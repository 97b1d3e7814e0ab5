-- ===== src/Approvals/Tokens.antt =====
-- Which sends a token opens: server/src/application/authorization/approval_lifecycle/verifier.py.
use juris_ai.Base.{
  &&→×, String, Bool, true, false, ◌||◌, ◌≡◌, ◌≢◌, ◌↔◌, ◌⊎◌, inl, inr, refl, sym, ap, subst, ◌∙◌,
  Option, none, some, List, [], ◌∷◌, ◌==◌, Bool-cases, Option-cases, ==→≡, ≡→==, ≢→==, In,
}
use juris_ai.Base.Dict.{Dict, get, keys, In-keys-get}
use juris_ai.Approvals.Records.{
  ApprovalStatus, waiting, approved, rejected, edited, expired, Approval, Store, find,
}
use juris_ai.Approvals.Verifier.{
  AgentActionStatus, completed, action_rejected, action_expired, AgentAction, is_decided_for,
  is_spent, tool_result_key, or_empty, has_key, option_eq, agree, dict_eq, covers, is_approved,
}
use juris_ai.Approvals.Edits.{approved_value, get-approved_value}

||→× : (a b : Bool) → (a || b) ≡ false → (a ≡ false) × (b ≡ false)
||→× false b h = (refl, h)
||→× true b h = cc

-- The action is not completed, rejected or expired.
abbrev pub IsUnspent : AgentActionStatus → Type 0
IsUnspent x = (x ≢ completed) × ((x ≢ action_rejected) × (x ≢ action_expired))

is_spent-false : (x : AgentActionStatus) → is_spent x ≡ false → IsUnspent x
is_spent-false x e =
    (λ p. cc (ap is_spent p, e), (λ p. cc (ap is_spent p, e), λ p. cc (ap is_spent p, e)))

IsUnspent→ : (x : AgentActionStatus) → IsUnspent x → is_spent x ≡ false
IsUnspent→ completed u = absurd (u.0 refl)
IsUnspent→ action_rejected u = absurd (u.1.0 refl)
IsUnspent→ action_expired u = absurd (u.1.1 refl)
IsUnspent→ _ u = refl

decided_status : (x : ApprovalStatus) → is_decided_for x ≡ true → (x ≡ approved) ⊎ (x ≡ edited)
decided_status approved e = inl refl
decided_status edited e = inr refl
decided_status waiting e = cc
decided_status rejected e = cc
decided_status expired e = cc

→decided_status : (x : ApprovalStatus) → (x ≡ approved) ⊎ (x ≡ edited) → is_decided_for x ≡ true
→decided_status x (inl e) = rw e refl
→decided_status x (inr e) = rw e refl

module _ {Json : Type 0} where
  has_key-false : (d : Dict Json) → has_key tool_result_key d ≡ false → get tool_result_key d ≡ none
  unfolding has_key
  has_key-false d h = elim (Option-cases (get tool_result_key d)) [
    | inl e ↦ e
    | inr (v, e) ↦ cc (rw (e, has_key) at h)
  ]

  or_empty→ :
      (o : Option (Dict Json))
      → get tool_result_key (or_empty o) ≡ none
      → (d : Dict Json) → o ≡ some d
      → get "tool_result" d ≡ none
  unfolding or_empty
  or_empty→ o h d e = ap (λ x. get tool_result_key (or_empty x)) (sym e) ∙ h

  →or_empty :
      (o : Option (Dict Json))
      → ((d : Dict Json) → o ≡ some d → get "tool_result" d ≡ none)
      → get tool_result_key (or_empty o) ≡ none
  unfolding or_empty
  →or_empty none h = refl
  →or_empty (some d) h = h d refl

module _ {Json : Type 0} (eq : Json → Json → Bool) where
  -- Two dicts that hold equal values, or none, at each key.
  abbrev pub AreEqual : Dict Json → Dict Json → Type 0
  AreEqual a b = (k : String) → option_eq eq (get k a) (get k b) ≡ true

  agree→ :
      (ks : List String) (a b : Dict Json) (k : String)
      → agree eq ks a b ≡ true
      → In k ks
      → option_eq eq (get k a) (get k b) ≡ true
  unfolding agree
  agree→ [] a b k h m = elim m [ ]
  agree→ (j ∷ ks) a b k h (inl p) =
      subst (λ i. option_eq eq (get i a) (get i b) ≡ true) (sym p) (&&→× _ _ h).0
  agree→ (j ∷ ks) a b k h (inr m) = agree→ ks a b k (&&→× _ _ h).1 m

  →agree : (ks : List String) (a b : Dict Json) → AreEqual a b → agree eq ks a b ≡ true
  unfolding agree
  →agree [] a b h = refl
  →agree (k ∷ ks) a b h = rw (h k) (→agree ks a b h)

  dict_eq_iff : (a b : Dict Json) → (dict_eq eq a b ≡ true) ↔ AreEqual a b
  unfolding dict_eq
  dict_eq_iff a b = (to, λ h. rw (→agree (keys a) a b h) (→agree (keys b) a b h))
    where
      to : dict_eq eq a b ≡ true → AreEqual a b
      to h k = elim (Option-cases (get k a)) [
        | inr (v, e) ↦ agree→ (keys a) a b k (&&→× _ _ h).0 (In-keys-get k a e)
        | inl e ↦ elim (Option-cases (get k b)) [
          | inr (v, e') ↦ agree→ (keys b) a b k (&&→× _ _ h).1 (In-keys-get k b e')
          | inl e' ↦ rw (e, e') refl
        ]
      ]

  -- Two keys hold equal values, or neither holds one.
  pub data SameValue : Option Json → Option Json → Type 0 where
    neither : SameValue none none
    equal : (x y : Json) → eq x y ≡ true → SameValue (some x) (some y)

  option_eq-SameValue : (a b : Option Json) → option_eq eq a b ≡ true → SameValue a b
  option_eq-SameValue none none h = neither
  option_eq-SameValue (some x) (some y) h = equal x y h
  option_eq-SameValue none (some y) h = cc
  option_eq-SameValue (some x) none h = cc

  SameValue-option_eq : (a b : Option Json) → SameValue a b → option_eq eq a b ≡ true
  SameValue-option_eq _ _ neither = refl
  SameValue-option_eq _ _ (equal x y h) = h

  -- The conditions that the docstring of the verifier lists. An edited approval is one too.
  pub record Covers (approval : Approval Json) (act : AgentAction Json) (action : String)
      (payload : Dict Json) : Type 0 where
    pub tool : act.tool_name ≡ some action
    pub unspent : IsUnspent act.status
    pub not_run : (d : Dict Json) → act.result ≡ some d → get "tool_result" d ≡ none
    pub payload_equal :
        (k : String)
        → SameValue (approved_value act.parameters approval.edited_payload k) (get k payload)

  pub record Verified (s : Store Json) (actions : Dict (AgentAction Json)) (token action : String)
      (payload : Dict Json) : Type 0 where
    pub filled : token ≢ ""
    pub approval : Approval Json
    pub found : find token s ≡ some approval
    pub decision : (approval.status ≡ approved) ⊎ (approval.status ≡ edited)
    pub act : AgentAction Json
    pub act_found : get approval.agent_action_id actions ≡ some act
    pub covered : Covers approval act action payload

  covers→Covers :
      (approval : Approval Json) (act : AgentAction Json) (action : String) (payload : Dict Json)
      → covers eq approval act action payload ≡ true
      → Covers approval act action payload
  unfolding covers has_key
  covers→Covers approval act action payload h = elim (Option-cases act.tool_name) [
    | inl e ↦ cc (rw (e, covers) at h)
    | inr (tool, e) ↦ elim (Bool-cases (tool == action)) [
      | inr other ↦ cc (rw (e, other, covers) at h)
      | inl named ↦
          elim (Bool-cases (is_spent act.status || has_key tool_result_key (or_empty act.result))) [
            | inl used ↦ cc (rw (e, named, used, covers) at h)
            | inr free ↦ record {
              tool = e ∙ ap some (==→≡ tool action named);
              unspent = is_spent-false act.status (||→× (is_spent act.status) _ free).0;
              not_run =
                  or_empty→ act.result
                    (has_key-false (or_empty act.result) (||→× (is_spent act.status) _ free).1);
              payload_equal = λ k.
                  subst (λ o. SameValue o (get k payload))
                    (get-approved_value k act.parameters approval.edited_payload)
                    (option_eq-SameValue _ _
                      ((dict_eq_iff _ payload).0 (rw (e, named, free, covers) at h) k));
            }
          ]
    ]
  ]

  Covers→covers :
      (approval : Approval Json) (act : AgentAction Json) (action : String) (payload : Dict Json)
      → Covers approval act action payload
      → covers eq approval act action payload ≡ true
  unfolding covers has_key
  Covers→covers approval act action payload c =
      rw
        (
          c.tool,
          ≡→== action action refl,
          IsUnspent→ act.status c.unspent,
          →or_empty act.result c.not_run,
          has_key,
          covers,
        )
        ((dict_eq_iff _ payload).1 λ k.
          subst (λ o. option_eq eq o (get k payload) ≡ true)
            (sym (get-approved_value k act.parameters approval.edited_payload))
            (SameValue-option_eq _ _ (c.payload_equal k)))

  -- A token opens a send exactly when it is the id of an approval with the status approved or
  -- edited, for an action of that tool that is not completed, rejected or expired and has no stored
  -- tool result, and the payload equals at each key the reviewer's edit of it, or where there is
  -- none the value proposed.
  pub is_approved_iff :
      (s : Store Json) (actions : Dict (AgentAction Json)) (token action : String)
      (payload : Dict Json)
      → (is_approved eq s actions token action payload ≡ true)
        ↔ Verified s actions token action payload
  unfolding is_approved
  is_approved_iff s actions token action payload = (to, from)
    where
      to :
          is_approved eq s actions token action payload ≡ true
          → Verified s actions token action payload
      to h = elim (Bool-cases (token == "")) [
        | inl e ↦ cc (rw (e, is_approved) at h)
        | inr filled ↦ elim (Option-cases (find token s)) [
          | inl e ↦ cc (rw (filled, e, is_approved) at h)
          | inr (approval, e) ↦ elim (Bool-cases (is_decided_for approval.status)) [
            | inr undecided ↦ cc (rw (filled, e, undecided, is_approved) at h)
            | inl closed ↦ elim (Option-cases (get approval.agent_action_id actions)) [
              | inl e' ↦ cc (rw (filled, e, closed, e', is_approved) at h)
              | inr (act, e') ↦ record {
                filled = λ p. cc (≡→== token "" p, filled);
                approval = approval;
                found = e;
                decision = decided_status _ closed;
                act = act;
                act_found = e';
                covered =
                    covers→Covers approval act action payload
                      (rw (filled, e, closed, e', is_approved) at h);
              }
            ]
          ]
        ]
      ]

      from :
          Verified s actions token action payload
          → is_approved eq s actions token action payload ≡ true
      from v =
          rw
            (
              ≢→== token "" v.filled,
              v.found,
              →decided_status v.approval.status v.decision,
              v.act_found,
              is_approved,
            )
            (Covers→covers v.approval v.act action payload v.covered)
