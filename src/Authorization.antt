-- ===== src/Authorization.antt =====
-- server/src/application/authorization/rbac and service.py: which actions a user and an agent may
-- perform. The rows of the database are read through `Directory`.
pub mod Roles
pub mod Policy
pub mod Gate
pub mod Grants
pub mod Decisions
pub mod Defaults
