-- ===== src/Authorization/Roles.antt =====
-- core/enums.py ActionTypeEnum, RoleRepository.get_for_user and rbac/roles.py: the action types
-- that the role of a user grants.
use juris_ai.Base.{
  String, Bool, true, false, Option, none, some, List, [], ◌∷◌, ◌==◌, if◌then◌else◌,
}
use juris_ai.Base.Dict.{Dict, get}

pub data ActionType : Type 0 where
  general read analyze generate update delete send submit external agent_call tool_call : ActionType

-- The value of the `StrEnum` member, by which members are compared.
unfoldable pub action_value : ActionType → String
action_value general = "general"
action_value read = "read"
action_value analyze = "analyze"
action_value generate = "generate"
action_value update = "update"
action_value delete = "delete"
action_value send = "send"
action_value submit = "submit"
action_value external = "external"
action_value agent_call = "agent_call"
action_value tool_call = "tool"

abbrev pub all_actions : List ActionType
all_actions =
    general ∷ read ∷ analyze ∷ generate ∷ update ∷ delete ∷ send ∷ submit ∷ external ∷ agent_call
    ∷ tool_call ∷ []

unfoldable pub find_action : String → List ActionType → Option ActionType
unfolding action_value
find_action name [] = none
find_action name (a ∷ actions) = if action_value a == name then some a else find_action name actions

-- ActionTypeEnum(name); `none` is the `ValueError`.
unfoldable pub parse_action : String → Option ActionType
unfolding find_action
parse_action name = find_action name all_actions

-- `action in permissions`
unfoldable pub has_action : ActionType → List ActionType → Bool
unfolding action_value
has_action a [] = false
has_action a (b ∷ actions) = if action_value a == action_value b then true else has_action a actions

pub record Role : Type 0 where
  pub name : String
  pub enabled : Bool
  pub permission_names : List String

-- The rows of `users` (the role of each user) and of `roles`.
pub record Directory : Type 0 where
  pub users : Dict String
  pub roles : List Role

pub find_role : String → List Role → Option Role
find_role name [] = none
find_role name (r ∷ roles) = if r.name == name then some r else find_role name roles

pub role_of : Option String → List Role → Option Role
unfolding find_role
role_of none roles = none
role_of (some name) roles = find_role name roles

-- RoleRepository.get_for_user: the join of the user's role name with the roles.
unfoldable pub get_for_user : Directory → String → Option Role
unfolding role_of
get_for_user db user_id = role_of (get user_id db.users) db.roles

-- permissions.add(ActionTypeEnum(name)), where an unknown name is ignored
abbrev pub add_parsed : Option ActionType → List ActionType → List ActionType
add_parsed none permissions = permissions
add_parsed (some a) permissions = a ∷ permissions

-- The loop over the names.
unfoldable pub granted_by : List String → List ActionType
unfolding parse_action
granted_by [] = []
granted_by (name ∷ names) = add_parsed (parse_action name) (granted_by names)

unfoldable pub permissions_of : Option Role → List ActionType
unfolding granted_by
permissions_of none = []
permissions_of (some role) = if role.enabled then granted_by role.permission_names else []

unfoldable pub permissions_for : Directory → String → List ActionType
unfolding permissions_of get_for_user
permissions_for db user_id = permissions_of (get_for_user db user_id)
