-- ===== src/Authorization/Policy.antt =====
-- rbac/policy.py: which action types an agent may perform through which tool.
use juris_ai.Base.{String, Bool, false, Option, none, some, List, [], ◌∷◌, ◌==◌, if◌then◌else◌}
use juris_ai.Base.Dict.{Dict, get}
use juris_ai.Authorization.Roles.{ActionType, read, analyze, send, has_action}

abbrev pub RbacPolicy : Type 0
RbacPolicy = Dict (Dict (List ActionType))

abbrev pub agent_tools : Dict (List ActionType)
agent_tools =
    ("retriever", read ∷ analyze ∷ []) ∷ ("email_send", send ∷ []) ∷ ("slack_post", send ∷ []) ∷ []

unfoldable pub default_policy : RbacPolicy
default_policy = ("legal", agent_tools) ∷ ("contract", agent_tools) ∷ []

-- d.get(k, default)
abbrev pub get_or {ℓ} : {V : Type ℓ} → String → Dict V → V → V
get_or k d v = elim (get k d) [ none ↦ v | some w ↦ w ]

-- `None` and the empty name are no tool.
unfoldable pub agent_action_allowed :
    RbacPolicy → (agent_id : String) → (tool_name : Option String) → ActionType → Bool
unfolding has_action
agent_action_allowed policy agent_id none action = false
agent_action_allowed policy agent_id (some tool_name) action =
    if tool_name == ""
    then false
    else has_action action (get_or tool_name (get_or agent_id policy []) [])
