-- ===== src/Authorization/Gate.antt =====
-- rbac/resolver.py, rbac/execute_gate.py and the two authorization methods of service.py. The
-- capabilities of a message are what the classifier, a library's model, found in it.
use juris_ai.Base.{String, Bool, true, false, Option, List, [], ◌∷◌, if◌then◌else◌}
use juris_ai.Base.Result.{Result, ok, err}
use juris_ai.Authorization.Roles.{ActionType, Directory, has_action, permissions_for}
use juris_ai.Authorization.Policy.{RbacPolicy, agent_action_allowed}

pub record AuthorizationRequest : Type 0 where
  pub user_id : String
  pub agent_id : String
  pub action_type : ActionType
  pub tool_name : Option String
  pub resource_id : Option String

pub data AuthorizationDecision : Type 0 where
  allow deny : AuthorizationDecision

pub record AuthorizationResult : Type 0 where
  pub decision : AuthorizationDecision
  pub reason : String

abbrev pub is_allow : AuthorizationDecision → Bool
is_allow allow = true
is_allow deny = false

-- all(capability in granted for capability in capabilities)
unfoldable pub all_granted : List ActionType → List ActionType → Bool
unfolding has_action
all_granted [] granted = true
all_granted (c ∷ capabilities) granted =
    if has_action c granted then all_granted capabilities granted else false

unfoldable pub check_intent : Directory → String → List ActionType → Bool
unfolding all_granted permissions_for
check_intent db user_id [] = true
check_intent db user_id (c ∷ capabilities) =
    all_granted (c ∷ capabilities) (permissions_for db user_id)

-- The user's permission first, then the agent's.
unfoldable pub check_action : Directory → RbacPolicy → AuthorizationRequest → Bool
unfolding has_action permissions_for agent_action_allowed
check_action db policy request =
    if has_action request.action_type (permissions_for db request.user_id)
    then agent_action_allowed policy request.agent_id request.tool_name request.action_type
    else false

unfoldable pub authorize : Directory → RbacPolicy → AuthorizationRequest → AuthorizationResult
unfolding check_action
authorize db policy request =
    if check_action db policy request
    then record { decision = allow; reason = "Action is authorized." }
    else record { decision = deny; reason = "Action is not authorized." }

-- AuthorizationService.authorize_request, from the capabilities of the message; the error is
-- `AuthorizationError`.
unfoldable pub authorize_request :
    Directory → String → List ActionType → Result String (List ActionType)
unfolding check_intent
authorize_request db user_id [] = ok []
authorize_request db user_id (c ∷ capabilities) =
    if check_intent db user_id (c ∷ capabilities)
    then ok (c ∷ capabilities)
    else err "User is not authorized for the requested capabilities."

• _EXERCISE DESCRIPTION_
Using the entries above, repeat only the lines from the one containing "Covers→covers approval act action payload c" through the one containing "inr filled ↦", end lines included.

• _PROBLEM SOLUTION_
  Covers→covers approval act action payload c =
      rw
        (
          c.tool,
          ≡→== action action refl,
          IsUnspent→ act.status c.unspent,
          →or_empty act.result c.not_run,
          has_key,
          covers,
        )
        ((dict_eq_iff _ payload).1 λ k.
          subst (λ o. option_eq eq o (get k payload) ≡ true)
            (sym (get-approved_value k act.parameters approval.edited_payload))
            (SameValue-option_eq _ _ (c.payload_equal k)))

  -- A token opens a send exactly when it is the id of an approval with the status approved or
  -- edited, for an action of that tool that is not completed, rejected or expired and has no stored
  -- tool result, and the payload equals at each key the reviewer's edit of it, or where there is
  -- none the value proposed.
  pub is_approved_iff :
      (s : Store Json) (actions : Dict (AgentAction Json)) (token action : String)
      (payload : Dict Json)
      → (is_approved eq s actions token action payload ≡ true)
        ↔ Verified s actions token action payload
  unfolding is_approved
  is_approved_iff s actions token action payload = (to, from)
    where
      to :
          is_approved eq s actions token action payload ≡ true
          → Verified s actions token action payload
      to h = elim (Bool-cases (token == "")) [
        | inl e ↦ cc (rw (e, is_approved) at h)
        | inr filled ↦ elim (Option-cases (find token s)) [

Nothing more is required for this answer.